** Opening SUPPLIED ENTRIES block **
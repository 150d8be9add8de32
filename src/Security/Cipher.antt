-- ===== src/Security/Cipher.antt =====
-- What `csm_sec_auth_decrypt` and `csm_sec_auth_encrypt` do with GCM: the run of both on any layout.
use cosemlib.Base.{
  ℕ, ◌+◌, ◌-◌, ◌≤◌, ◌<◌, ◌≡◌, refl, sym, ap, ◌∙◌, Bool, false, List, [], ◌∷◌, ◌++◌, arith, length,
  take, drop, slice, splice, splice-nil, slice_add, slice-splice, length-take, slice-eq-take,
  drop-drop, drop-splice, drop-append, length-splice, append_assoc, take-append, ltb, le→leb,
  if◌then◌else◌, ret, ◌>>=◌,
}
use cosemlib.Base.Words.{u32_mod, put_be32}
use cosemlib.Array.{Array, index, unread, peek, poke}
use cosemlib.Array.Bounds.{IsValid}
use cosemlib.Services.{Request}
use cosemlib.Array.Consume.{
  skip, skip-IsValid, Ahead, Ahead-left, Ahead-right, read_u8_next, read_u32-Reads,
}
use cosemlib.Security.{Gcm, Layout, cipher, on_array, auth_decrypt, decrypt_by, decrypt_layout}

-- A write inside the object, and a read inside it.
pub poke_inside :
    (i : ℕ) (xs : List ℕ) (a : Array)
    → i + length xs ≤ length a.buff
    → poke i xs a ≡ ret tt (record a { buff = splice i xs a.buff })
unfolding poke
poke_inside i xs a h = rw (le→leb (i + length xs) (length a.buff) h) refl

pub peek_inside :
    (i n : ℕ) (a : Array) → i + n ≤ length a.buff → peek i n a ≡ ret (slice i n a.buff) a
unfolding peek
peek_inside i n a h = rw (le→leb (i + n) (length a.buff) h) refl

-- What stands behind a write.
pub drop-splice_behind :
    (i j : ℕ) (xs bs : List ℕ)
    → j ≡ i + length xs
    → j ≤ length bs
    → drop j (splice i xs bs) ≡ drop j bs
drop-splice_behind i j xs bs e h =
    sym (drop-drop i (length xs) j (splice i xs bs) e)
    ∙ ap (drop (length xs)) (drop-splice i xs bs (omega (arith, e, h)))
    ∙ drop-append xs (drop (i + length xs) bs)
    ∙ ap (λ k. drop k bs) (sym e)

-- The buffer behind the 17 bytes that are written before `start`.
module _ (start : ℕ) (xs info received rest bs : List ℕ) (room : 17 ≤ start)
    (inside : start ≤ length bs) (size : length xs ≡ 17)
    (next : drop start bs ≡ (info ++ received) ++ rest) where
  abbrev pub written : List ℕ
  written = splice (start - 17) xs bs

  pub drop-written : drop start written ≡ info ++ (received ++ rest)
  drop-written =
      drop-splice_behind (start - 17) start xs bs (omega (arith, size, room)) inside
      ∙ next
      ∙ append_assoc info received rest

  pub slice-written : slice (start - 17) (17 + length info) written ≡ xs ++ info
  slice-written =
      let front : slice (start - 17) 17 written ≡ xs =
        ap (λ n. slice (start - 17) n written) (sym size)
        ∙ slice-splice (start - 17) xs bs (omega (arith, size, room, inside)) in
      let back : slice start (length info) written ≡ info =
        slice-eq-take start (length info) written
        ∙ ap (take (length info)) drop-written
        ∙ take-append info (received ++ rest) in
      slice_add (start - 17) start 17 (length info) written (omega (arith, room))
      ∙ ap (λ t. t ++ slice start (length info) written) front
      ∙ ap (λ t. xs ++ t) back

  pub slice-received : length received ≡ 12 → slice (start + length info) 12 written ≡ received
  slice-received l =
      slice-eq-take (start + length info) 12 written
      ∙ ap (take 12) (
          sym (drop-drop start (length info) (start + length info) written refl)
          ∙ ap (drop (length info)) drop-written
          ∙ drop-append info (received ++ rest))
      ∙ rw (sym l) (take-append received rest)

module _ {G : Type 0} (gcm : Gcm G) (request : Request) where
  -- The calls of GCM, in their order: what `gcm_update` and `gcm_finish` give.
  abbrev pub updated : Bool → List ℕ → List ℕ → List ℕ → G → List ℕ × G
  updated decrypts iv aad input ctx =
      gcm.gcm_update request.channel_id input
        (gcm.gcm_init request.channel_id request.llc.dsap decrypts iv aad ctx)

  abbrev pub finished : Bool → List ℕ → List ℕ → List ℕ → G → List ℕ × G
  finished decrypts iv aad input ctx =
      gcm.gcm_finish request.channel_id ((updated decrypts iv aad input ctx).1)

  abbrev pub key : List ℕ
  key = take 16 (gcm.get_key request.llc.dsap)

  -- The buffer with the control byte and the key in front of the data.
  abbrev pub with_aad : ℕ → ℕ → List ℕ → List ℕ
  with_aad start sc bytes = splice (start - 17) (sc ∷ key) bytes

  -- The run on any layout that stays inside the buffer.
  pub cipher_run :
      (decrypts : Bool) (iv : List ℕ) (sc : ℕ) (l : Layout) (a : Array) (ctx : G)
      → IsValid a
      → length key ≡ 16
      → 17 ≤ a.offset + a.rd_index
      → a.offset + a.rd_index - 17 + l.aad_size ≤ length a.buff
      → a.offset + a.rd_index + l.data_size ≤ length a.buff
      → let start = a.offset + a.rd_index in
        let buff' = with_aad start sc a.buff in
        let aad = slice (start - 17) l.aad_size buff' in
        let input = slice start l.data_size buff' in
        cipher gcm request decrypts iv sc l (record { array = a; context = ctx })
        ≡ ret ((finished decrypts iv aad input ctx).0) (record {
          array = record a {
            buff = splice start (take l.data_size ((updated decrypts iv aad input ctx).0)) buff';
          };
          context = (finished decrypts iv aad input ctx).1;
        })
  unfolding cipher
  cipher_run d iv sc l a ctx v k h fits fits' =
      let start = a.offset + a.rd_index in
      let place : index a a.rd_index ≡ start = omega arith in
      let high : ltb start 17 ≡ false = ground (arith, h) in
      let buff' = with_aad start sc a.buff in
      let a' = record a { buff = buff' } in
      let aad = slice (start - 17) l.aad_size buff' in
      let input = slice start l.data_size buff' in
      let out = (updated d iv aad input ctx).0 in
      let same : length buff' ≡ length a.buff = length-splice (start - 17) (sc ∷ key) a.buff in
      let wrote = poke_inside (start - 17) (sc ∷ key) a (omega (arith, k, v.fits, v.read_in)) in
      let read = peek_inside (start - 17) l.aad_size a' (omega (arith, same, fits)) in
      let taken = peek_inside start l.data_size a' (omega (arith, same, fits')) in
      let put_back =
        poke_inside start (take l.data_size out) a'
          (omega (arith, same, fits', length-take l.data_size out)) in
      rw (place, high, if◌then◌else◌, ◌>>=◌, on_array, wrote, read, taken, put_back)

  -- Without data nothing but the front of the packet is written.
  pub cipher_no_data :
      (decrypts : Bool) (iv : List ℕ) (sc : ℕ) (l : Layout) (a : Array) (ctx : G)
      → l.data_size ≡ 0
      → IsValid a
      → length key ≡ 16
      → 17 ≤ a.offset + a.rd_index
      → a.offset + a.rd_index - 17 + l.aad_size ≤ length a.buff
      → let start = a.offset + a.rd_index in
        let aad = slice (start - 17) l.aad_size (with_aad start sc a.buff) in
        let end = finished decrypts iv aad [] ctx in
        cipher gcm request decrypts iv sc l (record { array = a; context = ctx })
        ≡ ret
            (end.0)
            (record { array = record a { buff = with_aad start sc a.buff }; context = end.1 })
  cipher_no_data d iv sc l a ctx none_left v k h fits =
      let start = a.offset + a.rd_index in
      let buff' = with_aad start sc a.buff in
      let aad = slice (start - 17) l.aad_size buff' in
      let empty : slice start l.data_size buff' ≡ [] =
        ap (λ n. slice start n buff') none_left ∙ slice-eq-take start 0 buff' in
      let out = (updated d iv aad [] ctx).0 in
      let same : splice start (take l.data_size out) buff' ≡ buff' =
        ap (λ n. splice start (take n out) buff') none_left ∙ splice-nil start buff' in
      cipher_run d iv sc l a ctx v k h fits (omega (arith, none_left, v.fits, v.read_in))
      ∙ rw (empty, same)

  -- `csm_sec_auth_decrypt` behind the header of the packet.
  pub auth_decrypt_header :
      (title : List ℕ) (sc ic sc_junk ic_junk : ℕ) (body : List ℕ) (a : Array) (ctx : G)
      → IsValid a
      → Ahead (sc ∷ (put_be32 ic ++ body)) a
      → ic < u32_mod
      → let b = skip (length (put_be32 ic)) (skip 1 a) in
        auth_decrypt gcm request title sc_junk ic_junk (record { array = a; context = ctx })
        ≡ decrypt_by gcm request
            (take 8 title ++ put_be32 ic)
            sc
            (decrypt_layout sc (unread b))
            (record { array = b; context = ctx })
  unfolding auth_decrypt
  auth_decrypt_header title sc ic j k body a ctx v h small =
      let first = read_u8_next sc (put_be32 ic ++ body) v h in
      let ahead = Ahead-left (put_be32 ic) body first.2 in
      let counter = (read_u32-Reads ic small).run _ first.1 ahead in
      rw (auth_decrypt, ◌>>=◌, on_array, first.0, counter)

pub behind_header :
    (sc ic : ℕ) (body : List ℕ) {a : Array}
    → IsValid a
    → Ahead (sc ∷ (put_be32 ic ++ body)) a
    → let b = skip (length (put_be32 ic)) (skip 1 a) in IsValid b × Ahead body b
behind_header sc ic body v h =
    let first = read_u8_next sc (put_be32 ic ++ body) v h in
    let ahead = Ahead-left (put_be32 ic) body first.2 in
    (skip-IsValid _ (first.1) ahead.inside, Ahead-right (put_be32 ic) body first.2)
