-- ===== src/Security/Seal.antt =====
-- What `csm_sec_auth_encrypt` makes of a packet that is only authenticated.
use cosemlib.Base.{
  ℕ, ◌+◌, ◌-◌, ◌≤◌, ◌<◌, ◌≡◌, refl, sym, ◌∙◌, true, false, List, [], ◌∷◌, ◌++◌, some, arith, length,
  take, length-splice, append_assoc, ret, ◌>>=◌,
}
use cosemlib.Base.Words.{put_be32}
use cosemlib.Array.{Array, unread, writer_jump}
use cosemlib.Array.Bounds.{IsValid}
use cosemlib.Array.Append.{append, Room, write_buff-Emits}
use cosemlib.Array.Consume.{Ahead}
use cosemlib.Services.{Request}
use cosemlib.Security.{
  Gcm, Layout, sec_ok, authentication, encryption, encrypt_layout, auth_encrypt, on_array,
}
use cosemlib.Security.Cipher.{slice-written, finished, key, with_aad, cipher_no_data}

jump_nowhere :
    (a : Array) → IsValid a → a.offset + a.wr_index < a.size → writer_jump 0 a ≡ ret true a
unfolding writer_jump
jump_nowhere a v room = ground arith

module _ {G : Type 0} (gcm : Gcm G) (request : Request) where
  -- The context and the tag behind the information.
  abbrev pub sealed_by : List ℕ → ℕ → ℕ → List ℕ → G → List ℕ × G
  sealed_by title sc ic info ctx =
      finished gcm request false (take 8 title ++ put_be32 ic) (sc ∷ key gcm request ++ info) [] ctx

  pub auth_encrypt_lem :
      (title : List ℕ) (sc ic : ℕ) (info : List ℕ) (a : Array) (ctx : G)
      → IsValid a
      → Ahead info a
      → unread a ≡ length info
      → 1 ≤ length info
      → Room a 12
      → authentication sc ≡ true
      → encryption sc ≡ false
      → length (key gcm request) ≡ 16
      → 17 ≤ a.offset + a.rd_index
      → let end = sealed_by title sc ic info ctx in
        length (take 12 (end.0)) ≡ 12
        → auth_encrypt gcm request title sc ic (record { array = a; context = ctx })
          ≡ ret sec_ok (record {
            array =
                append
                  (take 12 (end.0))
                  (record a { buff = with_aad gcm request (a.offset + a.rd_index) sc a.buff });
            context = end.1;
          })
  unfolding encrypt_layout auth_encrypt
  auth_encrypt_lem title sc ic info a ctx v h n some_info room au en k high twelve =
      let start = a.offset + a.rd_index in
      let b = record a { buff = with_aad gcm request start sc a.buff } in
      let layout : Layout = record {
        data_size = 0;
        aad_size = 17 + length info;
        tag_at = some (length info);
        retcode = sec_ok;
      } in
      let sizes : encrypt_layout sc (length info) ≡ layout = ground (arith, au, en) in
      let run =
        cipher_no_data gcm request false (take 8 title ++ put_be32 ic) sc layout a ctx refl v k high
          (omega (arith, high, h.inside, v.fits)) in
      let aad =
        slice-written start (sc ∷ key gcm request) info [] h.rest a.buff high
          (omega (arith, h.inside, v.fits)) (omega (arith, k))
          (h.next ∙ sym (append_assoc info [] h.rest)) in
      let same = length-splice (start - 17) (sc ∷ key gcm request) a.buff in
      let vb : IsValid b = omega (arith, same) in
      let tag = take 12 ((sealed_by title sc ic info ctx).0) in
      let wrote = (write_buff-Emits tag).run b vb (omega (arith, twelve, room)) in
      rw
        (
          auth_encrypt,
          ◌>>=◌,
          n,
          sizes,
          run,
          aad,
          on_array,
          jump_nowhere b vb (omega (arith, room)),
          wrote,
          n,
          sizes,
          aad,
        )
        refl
** Closing SUPPLIED ENTRIES block **
### EXERCISE
Reproduce exactly the lines from the beginning of the entries above up to and including the line that contains "(next : drop".

### SOLUTION
repository 150d8be9add8de32
filename src/Security/Cipher.antt
-- ===== src/Security/Cipher.antt =====
-- What `csm_sec_auth_decrypt` and `csm_sec_auth_encrypt` do with GCM: the run of both on any layout.
use cosemlib.Base.{
  ℕ, ◌+◌, ◌-◌, ◌≤◌, ◌<◌, ◌≡◌, refl, sym, ap, ◌∙◌, Bool, false, List, [], ◌∷◌, ◌++◌, arith, length,
  take, drop, slice, splice, splice-nil, slice_add, slice-splice, length-take, slice-eq-take,
  drop-drop, drop-splice, drop-append, length-splice, append_assoc, take-append, ltb, le→leb,
  if◌then◌else◌, ret, ◌>>=◌,
}
use cosemlib.Base.Words.{u32_mod, put_be32}
use cosemlib.Array.{Array, index, unread, peek, poke}
use cosemlib.Array.Bounds.{IsValid}
use cosemlib.Services.{Request}
use cosemlib.Array.Consume.{
  skip, skip-IsValid, Ahead, Ahead-left, Ahead-right, read_u8_next, read_u32-Reads,
}
use cosemlib.Security.{Gcm, Layout, cipher, on_array, auth_decrypt, decrypt_by, decrypt_layout}

-- A write inside the object, and a read inside it.
pub poke_inside :
    (i : ℕ) (xs : List ℕ) (a : Array)
    → i + length xs ≤ length a.buff
    → poke i xs a ≡ ret tt (record a { buff = splice i xs a.buff })
unfolding poke
poke_inside i xs a h = rw (le→leb (i + length xs) (length a.buff) h) refl

pub peek_inside :
    (i n : ℕ) (a : Array) → i + n ≤ length a.buff → peek i n a ≡ ret (slice i n a.buff) a
unfolding peek
peek_inside i n a h = rw (le→leb (i + n) (length a.buff) h) refl

-- What stands behind a write.
pub drop-splice_behind :
    (i j : ℕ) (xs bs : List ℕ)
    → j ≡ i + length xs
    → j ≤ length bs
    → drop j (splice i xs bs) ≡ drop j bs
drop-splice_behind i j xs bs e h =
    sym (drop-drop i (length xs) j (splice i xs bs) e)
    ∙ ap (drop (length xs)) (drop-splice i xs bs (omega (arith, e, h)))
    ∙ drop-append xs (drop (i + length xs) bs)
    ∙ ap (λ k. drop k bs) (sym e)

-- The buffer behind the 17 bytes that are written before `start`.
module _ (start : ℕ) (xs info received rest bs : List ℕ) (room : 17 ≤ start)
    (inside : start ≤ length bs) (size : length xs ≡ 17)
    (next : drop start bs ≡ (info ++ received) ++ rest) where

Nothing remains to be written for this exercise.